- What the task requires: Look for the string "abbrev" in the data below, and copy each line that holds it.

--- START ---

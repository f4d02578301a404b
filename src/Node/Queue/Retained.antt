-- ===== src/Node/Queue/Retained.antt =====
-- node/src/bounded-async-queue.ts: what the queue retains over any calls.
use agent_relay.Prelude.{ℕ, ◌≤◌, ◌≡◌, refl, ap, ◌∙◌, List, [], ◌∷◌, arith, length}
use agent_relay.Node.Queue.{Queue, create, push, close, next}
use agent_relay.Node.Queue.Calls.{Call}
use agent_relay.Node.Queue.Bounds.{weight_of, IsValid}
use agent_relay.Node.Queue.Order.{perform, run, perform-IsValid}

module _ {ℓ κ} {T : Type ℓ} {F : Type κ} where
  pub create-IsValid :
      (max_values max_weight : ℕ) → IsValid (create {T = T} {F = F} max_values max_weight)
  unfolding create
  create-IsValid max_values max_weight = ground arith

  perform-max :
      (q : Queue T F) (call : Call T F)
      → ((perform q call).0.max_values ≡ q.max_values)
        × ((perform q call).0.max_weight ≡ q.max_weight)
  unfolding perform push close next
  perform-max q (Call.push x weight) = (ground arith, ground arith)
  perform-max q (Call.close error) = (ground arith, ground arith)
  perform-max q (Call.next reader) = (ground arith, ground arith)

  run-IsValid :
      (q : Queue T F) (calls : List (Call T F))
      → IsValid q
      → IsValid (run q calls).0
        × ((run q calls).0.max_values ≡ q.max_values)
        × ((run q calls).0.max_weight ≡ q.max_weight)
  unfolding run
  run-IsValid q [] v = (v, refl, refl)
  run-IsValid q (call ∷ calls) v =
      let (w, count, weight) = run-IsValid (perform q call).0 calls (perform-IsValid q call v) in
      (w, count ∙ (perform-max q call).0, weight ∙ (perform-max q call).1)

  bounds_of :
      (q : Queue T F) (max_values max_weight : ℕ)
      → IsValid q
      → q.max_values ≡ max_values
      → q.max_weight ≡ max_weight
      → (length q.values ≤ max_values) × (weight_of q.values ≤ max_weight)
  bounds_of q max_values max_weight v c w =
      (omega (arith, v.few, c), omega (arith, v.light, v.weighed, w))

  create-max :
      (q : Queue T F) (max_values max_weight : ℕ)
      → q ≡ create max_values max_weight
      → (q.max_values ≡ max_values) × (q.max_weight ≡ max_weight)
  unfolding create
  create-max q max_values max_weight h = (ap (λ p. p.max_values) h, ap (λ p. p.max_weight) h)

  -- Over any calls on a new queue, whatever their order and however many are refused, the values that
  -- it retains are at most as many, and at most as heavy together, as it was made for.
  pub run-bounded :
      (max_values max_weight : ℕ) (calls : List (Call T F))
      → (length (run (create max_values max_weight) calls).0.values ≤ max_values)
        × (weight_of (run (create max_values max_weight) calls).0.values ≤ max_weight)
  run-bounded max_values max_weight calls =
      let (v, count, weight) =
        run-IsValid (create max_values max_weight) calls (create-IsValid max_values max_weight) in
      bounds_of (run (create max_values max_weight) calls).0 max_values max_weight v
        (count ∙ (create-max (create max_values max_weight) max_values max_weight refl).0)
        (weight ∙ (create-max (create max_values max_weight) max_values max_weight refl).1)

--- END ---
--- START ---

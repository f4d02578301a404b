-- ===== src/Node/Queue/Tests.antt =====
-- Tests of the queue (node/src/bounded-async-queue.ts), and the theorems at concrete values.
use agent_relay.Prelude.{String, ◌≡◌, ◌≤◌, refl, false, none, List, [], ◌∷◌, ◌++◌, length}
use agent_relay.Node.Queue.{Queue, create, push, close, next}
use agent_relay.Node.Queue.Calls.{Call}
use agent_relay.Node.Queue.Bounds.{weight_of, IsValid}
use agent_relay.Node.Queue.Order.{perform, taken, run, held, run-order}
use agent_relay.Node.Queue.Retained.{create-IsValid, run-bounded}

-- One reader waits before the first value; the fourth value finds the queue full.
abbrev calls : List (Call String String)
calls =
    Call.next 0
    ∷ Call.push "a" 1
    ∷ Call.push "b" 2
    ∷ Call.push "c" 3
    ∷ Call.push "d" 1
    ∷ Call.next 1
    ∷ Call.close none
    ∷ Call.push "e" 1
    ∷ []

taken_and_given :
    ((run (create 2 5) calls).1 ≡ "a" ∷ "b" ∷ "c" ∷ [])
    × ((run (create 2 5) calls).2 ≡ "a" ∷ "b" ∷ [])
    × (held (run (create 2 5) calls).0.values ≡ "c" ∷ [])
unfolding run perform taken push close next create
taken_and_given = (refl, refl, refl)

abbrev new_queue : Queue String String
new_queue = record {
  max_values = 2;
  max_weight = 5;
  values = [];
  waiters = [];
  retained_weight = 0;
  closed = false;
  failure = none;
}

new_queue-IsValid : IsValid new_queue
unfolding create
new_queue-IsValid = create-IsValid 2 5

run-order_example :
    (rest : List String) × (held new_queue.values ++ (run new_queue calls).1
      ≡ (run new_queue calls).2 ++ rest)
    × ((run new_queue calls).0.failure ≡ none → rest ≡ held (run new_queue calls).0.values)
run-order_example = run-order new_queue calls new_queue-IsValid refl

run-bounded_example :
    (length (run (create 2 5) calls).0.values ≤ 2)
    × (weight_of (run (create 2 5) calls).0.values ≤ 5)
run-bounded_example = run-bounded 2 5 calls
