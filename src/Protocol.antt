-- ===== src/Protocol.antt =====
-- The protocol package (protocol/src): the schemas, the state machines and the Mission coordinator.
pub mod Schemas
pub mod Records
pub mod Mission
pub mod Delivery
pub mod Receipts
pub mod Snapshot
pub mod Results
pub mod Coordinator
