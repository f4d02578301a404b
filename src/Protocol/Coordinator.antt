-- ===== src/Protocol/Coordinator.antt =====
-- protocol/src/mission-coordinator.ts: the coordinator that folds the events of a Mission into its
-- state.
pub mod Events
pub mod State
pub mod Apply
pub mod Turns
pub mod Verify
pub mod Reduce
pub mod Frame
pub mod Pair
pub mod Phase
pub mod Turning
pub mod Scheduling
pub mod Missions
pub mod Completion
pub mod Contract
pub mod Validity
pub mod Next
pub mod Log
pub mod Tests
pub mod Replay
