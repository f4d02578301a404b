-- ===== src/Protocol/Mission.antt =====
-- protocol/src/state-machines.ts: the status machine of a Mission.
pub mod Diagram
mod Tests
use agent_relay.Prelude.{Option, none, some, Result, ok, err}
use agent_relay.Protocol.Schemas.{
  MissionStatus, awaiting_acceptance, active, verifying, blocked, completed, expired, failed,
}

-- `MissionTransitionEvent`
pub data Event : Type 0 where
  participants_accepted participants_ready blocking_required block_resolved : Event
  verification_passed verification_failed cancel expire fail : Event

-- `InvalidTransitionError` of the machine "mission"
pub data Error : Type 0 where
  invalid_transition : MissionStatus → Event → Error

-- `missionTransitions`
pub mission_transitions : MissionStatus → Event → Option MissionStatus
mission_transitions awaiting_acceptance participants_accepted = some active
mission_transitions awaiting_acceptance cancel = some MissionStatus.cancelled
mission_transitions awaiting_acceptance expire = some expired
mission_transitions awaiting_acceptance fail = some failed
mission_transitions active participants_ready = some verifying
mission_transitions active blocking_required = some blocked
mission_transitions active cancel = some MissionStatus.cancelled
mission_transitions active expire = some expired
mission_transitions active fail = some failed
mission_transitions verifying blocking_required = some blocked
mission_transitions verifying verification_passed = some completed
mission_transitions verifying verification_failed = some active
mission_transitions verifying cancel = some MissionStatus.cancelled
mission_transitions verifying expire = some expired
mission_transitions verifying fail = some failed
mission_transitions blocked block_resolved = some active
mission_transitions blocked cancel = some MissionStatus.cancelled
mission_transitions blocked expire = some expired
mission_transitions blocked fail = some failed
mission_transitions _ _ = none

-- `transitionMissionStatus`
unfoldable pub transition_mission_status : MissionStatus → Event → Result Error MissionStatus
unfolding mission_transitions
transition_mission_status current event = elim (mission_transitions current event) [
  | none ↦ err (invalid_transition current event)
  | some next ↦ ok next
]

--- END ---
--- START ---

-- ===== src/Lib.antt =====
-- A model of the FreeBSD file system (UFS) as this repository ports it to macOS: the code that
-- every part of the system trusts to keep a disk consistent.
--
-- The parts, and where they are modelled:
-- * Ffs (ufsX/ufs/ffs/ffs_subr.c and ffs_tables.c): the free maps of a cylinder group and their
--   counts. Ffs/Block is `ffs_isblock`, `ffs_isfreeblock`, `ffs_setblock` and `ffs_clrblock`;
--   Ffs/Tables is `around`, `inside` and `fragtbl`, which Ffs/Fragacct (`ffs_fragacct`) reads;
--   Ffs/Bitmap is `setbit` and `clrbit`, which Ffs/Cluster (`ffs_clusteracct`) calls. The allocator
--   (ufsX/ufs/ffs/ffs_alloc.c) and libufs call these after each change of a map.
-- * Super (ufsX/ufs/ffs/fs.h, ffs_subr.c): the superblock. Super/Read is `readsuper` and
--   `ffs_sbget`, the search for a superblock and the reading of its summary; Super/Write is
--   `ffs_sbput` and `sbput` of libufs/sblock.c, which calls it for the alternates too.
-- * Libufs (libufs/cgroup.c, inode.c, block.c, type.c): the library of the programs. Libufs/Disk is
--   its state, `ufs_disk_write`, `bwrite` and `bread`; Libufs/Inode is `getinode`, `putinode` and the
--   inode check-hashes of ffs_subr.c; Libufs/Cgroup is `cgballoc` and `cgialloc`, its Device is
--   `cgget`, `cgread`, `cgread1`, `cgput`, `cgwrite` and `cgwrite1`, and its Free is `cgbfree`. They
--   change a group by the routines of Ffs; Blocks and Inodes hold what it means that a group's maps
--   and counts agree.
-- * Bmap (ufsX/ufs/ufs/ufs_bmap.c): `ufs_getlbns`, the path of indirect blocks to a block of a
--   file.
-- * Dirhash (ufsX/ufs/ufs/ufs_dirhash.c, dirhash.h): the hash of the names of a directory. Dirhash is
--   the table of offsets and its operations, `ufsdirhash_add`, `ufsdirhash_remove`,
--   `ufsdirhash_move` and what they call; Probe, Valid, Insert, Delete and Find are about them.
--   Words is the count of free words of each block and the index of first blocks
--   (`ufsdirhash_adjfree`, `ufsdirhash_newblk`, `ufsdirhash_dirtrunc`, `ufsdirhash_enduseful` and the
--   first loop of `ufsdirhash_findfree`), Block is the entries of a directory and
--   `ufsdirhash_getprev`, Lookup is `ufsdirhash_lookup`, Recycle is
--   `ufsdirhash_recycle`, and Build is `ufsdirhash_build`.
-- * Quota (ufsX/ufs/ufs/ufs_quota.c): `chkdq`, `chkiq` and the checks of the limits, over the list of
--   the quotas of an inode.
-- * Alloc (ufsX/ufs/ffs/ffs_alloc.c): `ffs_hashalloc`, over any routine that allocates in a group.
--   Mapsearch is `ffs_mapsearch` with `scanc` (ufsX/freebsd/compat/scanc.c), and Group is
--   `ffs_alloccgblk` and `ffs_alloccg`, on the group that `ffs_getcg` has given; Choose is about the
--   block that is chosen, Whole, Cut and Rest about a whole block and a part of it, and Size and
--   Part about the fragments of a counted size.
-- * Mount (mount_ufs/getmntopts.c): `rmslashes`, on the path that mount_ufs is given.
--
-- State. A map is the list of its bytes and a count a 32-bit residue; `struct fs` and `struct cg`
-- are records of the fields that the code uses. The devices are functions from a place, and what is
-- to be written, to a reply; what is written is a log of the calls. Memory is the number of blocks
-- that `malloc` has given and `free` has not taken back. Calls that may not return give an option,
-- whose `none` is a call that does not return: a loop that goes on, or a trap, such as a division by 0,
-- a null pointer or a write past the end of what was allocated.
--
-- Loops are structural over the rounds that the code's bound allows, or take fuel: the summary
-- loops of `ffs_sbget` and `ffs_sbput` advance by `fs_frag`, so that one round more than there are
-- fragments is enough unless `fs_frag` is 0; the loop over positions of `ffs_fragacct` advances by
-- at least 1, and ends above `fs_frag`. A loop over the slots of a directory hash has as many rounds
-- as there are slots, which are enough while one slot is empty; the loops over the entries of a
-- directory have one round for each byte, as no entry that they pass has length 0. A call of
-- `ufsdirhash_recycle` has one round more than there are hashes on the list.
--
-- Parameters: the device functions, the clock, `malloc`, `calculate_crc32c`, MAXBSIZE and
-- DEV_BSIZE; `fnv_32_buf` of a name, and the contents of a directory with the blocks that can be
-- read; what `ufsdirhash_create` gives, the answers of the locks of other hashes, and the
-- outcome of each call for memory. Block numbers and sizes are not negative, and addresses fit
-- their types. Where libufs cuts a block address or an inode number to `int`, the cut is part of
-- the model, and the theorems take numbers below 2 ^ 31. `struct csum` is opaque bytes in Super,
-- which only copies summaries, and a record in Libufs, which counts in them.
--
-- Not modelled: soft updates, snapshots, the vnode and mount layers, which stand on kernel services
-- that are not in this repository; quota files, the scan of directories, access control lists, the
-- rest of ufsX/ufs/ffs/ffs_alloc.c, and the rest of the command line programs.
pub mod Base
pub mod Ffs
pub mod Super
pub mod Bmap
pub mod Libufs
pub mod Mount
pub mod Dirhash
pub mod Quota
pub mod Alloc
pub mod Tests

--- END ---

- Answer section:
abbrev calls : List (Call String String)
abbrev new_queue : Queue String String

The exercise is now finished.